Des mauvaises pratiques qui mettent en péril des pans entiers de l'économie, en proie aux fourches caudines de l'insécurité entretenue par ces bandes de criminels invétérés. « L'économie de nuit, articulée autour des activités comme l'hôtellerie, la restauration, le divertissement, la culture et le tourisme nocturnes, pâtirait profondément de l'environnement de terreur créé par ce grand banditisme. Le secteur informel, tenu par les innocentes mamans qui se lèvent tôt et finissent tard, la nuit, leurs activités destinées à la satisfaction des besoins vitaux de nombreuses familles, en serait lourdement déstabilisé, si l'on n'y prenait garde », a indiqué Denis Sassou N'Guesso.

Pour lui, du fait des incursions régulières de ces « escadrons de la mort » en milieu scolaire, les écoles, collèges et lycées, lieu par excellence de préparation à la vie en société, crouleraient inexorablement sous le poids de cette inhumanité inédite.

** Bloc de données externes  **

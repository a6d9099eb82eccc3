-- ===== src/Kd11ea/Micro/Step.antt =====
-- A micro-cycle and an instruction (`kd11ea_ustep` and `kd11ea_step` of pdp11/kd11ea/kd11ea.c). The
-- traces, the ring for the debugger and the sample for the probe are left out.
use ll.Prelude.{
  ℕ, zero, suc, ◌+◌, ◌%◌, ◌^◌, bit_or, Bool, true, false, ◌&&◌, not, ◌==◌, if◌then◌else◌, truthy,
  bit,
}
use ll.Unibus.{Bus, BusState, bus_set_init}
use ll.Kd11ea.Clock.{clockgen_period_ns, clockgen_cycle_ns}
use ll.Kd11ea.Ucode.{uw_long_cycle_l, uw_load_ba, uw_but_service}
use ll.Kd11ea.Micro.{Cpu}
use ll.Kd11ea.Micro.Decode.{ir_decode_entry}
use ll.Kd11ea.Micro.Wires.{Wires, wires}
use ll.Kd11ea.Micro.Transfer.{Host, cpu_of, with_cpu, Transferred, transfer, bus_ctl_of}
use ll.Kd11ea.Micro.Misc.{load_psw_low, double_error, overflow, misc_load, write_sp}
use ll.Kd11ea.Micro.Next.{compute_next_mpc}
use ll.Kd11ea.Micro.Shift.{update_b}

-- The loads after the transfer: the double bus error, OVX, the MISC field and the scratchpad.
unfoldable pub loads : {W : Type 0} → Wires → Cpu → Transferred W → Cpu → Cpu
unfolding load_psw_low double_error overflow misc_load write_sp
loads w before t cpu =
    let psw_low = load_psw_low t.msyn (bus_ctl_of w) cpu.ba in
    let loaded = overflow w before.b_reg (double_error t.set_be_l w cpu) in
    write_sp w t.nxm_abort t.ss_out
      (misc_load w t.nxm_abort psw_low t.ss_out before.rot_cbit before.psw loaded)

-- A service enters its trap sequence, an interrupt with its vector on the data lines.
unfoldable pub serviced : Wires → Cpu → Bool
serviced w cpu = truthy (uw_but_service w.uw) && cpu.service_trap

unfoldable pub enter_service : Bool → Cpu → Cpu
enter_service service cpu =
    if service
    then record cpu {
      service_trap = false;
      unibus_data = if cpu.service_intr then cpu.service_vector else cpu.unibus_data;
      ir_code = 0;
      halt_rqst = false;
      bus_error = false;
    }
    else cpu

-- What the end of the cycle needs: the next address, whether an interrupt was granted, and the
-- processor.
pub record Sequenced : Type 0 where
  pub next : ℕ
  pub intr : Bool
  pub cpu : Cpu

-- An abort sends MPC to 0, and the entry of an instruction is ORed over NEXT.
unfoldable pub sequence : {W : Type 0} → Wires → Cpu → Transferred W → Cpu → Sequenced
unfolding compute_next_mpc serviced enter_service ir_decode_entry update_b
sequence w before t cpu =
    let (computed, cpu₁) = compute_next_mpc cpu w.uw before.count before.bx_reg w.a_leg in
    let service = serviced w cpu₁ in
    let ss_out = if service then cpu₁.service_vector else t.ss_out in
    let cpu₂ = enter_service service cpu₁ in
    let next = if t.nxm_abort then 0 else computed in
    let next' = if w.ir_decode_1 then bit_or next (ir_decode_entry cpu₂.ir cpu₂.psw) else next in
    let cpu₃ = record cpu₂ { ir_valid = if w.ir_decode_1 then false else cpu₂.ir_valid } in
    record {
      next = next';
      intr = service && cpu₁.service_intr;
      cpu = update_b next' w before ss_out service cpu₃;
    }

-- RESET starts when E54 raises its line.
abbrev pub reset_pulse : Wires → Cpu → Bool
reset_pulse w before = truthy (bit 3 w.e54) && not before.reset_inst

-- The registers written last. After a service the pins of the IR read 100000.
unfoldable pub retire : ℕ → Wires → Cpu → Cpu
retire next w cpu = record cpu {
  reset_inst = truthy (bit 3 w.e54);
  serv_ir = if truthy (uw_but_service w.uw) && not cpu.halted then true else cpu.serv_ir;
  mpc = next;
}

module _ {W : Type 0} (host : Host W) (bus : Bus W) where
  abbrev pub advance : ℕ → BusState W → BusState W
  advance ns s =
      let cpu = cpu_of host s in with_cpu host (record cpu { ns_elapsed = cpu.ns_elapsed + ns }) s

  -- BUS INIT is asserted for the length of the pulse.
  unfoldable pub pulse_init : BusState W → BusState W
  pulse_init s =
      let s₁ = bus_set_init bus false (cpu_of host s).ns_elapsed s in
      let s₂ = advance (cpu_of host s₁).timing.reset_ns s₁ in
      bus_set_init bus true (cpu_of host s₂).ns_elapsed s₂

  -- The end of the cycle: its length, and the RESET pulse.
  unfoldable pub conclude : Wires → ℕ → Cpu → Transferred W → Sequenced → ℕ × BusState W
  unfolding retire pulse_init clockgen_cycle_ns
  conclude w period_ns before t q =
      let cycle_ns =
        clockgen_cycle_ns q.cpu.timing period_ns t.msyn (bus_ctl_of w) t.state.lines.last_latency_ns
          (truthy (uw_but_service w.uw)) q.intr in
      let s = advance cycle_ns (with_cpu host q.cpu t.state) in
      let pulse = reset_pulse w before in
      let s' = if pulse then pulse_init s else s in
      (
        if pulse then cycle_ns + q.cpu.timing.reset_ns else cycle_ns,
        with_cpu host (retire q.next w (cpu_of host s')) s',
      )

  -- The time of the cycle in ns, 0 when halted.
  unfoldable pub kd11ea_ustep : BusState W → ℕ × BusState W
  unfolding wires transfer loads sequence conclude clockgen_period_ns
  kd11ea_ustep s =
      let before = cpu_of host s in
      let w = wires before in
      let period_ns =
        clockgen_period_ns before.timing (truthy (uw_long_cycle_l w.uw)) (truthy (uw_load_ba w.uw))
          w.relocate in
      let t = transfer host bus w period_ns s in
      if before.halted
      then (0, s)
      else conclude w period_ns before t
          (sequence w before t (loads w before t (cpu_of host t.state)))

  -- The loop of `kd11ea_step` for the cycles that are left. The last one gives 0 even where it
  -- reaches MPC 0, since the source tests the count first.
  unfoldable pub micro_cycles : ℕ → ℕ → BusState W → ℕ × BusState W
  unfolding kd11ea_ustep
  micro_cycles zero total s = (0, s)
  micro_cycles (suc n) total s =
      let (ns, s') = kd11ea_ustep s in
      elim (ns == 0) [
        | true ↦ (0, s')
        | false ↦ elim (n == 0) [
          | true ↦ (0, s')
          | false ↦ elim ((cpu_of host s').mpc == 0) [
            | true ↦ ((total + ns) % 2 ^ 32, s')
            | false ↦ micro_cycles n ((total + ns) % 2 ^ 32) s'
          ]
        ]
      ]

  unfoldable pub kd11ea_step : BusState W → ℕ × BusState W
  unfolding micro_cycles
  kd11ea_step s = micro_cycles 1000 0 s
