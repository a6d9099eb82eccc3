-- ===== src/Kd11ea/Micro/Abort.antt =====
-- A transfer that is aborted (`kd11ea_ustep` of pdp11/kd11ea/kd11ea.c).
use ll.Prelude.{◌≡◌}
use ll.Kd11ea.Micro.{Cpu}
use ll.Kd11ea.Micro.Wires.{Wires}

-- The registers that the micro-word could have loaded.
pub record Kept (x y : Cpu) : Type 0 where
  pub sp : x.sp ≡ y.sp
  pub psw : x.psw ≡ y.psw
  pub count : x.count ≡ y.count
  pub stov : x.stov ≡ y.stov
  pub ir_valid : x.ir_valid ≡ y.ir_valid
  pub mmu : x.mmu ≡ y.mmu
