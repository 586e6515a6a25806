-- ===== src/Publisher/Redis.antt =====
-- What the publisher uses of the Redis server, whose code is not in this repository: two ownership
-- keys and one stream, the commands on them, and what Redis documents of those commands.
use tycho_simulation_server.Base.{
  ℕ, ◌+◌, ◌<◌, Option, none, some, List, Text, true, Result, ok, err, ◌≡◌,
}
use tycho_simulation_server.Replay.EntryId.{EntryIdParts, parts_lt}

-- The field names and values of a stream entry.
abbrev pub Fields : Type 0
Fields = List (Text × Text)

-- A count or a time that is configured above 0; at 0, PX and MAXLEN would delete what they are for.
pub record Positive : Type 0 where
  pub value : ℕ
  pub positive : 0 < value

-- GET of the writer key and of the generation key, and the id of the last XADD on the stream.
pub record View : Type 0 where
  pub writer : Option Text
  pub generation : Option ℕ
  pub last : Option EntryIdParts

-- The part of the reply of XINFO STREAM that the scripts read.
pub record StreamReply : Type 0 where
  pub first_entry : Option EntryIdParts
  pub last_generated : EntryIdParts

pub data StreamFault : Type 0 where
  no_such_key : Text → StreamFault
  other_fault : Text → StreamFault

-- The number that INCR and `tonumber(GET or "0")` start from.
abbrev pub or_zero : Option ℕ → ℕ
or_zero none = 0
or_zero (some n) = n

-- XADD takes an id only above the last one.
abbrev pub IsAbove : EntryIdParts → Option EntryIdParts → Type 0
IsAbove id none = Unit
IsAbove id (some last) = parts_lt last id ≡ true

pub record Redis (S : Type 0) : Type 0 where
  pub view : S → View
  -- SET of the generation key, INCR of it, SET of the writer key with PX, PEXPIRE of it.
  pub set_generation : ℕ → S → S
  pub incr_generation : S → S
  pub set_writer : Text → Positive → S → S
  pub expire_writer : Positive → S → S
  pub stream_info : S → Result StreamFault StreamReply
  -- XRANGE from an id to the same id.
  pub entry_at : EntryIdParts → S → Option Fields
  -- XADD with an optional MAXLEN ~.
  pub xadd : Option Positive → EntryIdParts → Fields → S → Result Text S
  -- The writer key runs out; the generation key or the stream is lost with Redis' memory.
  pub lose_writer : S → S
  pub lose_generation : S → S
  pub lose_stream : S → S
  pub view-set_generation :
      (n : ℕ) (s : S)
      → view (set_generation n s)
        ≡ record { writer = (view s).writer; generation = some n; last = (view s).last }
  pub view-incr_generation :
      (s : S)
      → view (incr_generation s) ≡ record {
        writer = (view s).writer;
        generation = some (or_zero (view s).generation + 1);
        last = (view s).last;
      }
  pub view-set_writer :
      (token : Text) (ttl : Positive) (s : S)
      → view (set_writer token ttl s)
        ≡ record { writer = some token; generation = (view s).generation; last = (view s).last }
  pub view-expire_writer : (ttl : Positive) (s : S) → view (expire_writer ttl s) ≡ view s
  pub view-lose_writer :
      (s : S)
      → view (lose_writer s)
        ≡ record { writer = none; generation = (view s).generation; last = (view s).last }
  pub view-lose_generation :
      (s : S)
      → view (lose_generation s)
        ≡ record { writer = (view s).writer; generation = none; last = (view s).last }
  pub view-lose_stream :
      (s : S)
      → view (lose_stream s)
        ≡ record { writer = (view s).writer; generation = (view s).generation; last = none }
  pub view-xadd :
      (maxlen : Option Positive) (id : EntryIdParts) (fields : Fields) (s t : S)
      → xadd maxlen id fields s ≡ ok t
      → IsAbove id (view s).last
        × (view t
            ≡ record { writer = (view s).writer; generation = (view s).generation; last = some id })
  pub stream_info-ok :
      (s : S) (i : StreamReply) → stream_info s ≡ ok i → (view s).last ≡ some i.last_generated
  pub stream_info-no_such_key :
      (s : S) (e : Text) → stream_info s ≡ err (no_such_key e) → (view s).last ≡ none
  pub entry_at-xadd :
      (maxlen : Option Positive) (id : EntryIdParts) (fields : Fields) (s t : S)
      → xadd maxlen id fields s ≡ ok t
      → entry_at id t ≡ some fields
  pub entry_at-expire_writer :
      (ttl : Positive) (id : EntryIdParts) (s : S)
      → entry_at id (expire_writer ttl s) ≡ entry_at id s
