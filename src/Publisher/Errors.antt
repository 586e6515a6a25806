-- ===== src/Publisher/Errors.antt =====
-- The errors of the publisher in redis_publisher.rs, each with what its text is formatted from, and
-- the publisher's modes.
use tycho_simulation_server.Base.{ℕ, Bool, true, false, Text, Result}
use tycho_simulation_server.Contract.Errors.{MessageKind, ContractError}

-- BroadcasterRedisPublisherMode
pub data Mode : Type 0 where
  passive active retired unhealthy : Mode

-- What a writer's error says. Only the first contains STALE_WRITER_MESSAGE, and only the second
-- MISSING_FENCE_MESSAGE.
pub data WriterError : Type 0 where
  stale_writer missing_fence : WriterError
  writer_failed : Text → WriterError

pub data PublishError : Type 0 where
  writer_error : WriterError → PublishError
  -- APPEND_EXHAUSTED_MESSAGE
  append_exhausted : PublishError
  contract_error : ContractError → PublishError
  serialization_failed : Text → PublishError
  invalid_entry_stream_id : Text → PublishError
  oversized_entry : MessageKind → ℕ → ℕ → PublishError
  prepared_sequence_mismatch : ℕ → ℕ → PublishError
  message_seq_overflow state_version_overflow : PublishError
  publisher_is_passive publisher_is_retired : PublishError
  publisher_is_unhealthy : PublishError → PublishError
  publisher_is_unhealthy_without_error : PublishError
  not_a_live_payload : PublishError
  recovery_queue_is_full : PublishError
  handoff_is_frozen handoff_is_not_current handoff_exceeded handoff_needs_passive : PublishError
  handoff_drain_needs_active handoff_drain_mismatch : PublishError
  cannot_promote : Mode → PublishError
  fenced_by : Text → PublishError
  recovery_cancelled : PublishError
  reservation_not_active : Text → PublishError
  replacement_is_empty fragment_boundary_not_utf8 : PublishError
  recovery_sequence_overflow number_exceeds_u32 size_did_not_converge : PublishError
  recovery_byte_count_overflow recovery_has_no_entries : PublishError
  -- RecoveryCommitAdoptionUncertain
  commit_is_uncertain : PublishError → PublishError

-- is_stale_writer_error: an error that passes another on contains its text.
unfoldable pub is_stale_writer_error : PublishError → Bool
is_stale_writer_error (writer_error stale_writer) = true
is_stale_writer_error (publisher_is_unhealthy e) = is_stale_writer_error e
is_stale_writer_error (commit_is_uncertain e) = is_stale_writer_error e
is_stale_writer_error _ = false

-- `error.downcast_ref::<OversizedRedisEntry>().is_some()`
unfoldable pub is_oversized : PublishError → Bool
is_oversized (oversized_entry kind encoded_bytes limit_bytes) = true
is_oversized _ = false

abbrev pub Published : Type 0 → Type 0
Published A = Result PublishError A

« Une telle situation ne peut que porter atteinte à l'image de notre pays. Face au péril d'instabilité, la puissance publique ne saurait être indéfiniment défiée au risque, pour elle, de se réduire à l'impuissance publique. Garant de l'intérêt général, l'Etat protecteur, qui resserre l'étau autour de ces malfaiteurs, poursuivra leur traque sans relâche », a-t-il confirmé.

Le chef suprême estime qu'à Brazzaville, devra prédominer la paix des cœurs afin de permettre à la capitale politique de redevenir Brazza-La-Verte sous son manteau de verdure. « A Brazzaville, disais-je, doit régner la tranquillité des esprits. Tout comme à Pointe-Noire ou Ponton-La-Belle, la beauté ne doit pas être altérée par les rides de l'insécurité. OUI : Paix des cœurs et Tranquillité des esprits à Brazzaville, notre capitale politique ! Paix des cœurs et Tranquillité des esprits à Pointe-Noire, notre capitale économique ! Paix des cœurs et Tranquillité des esprits sur l'ensemble du territoire national ! », a-t-il insisté.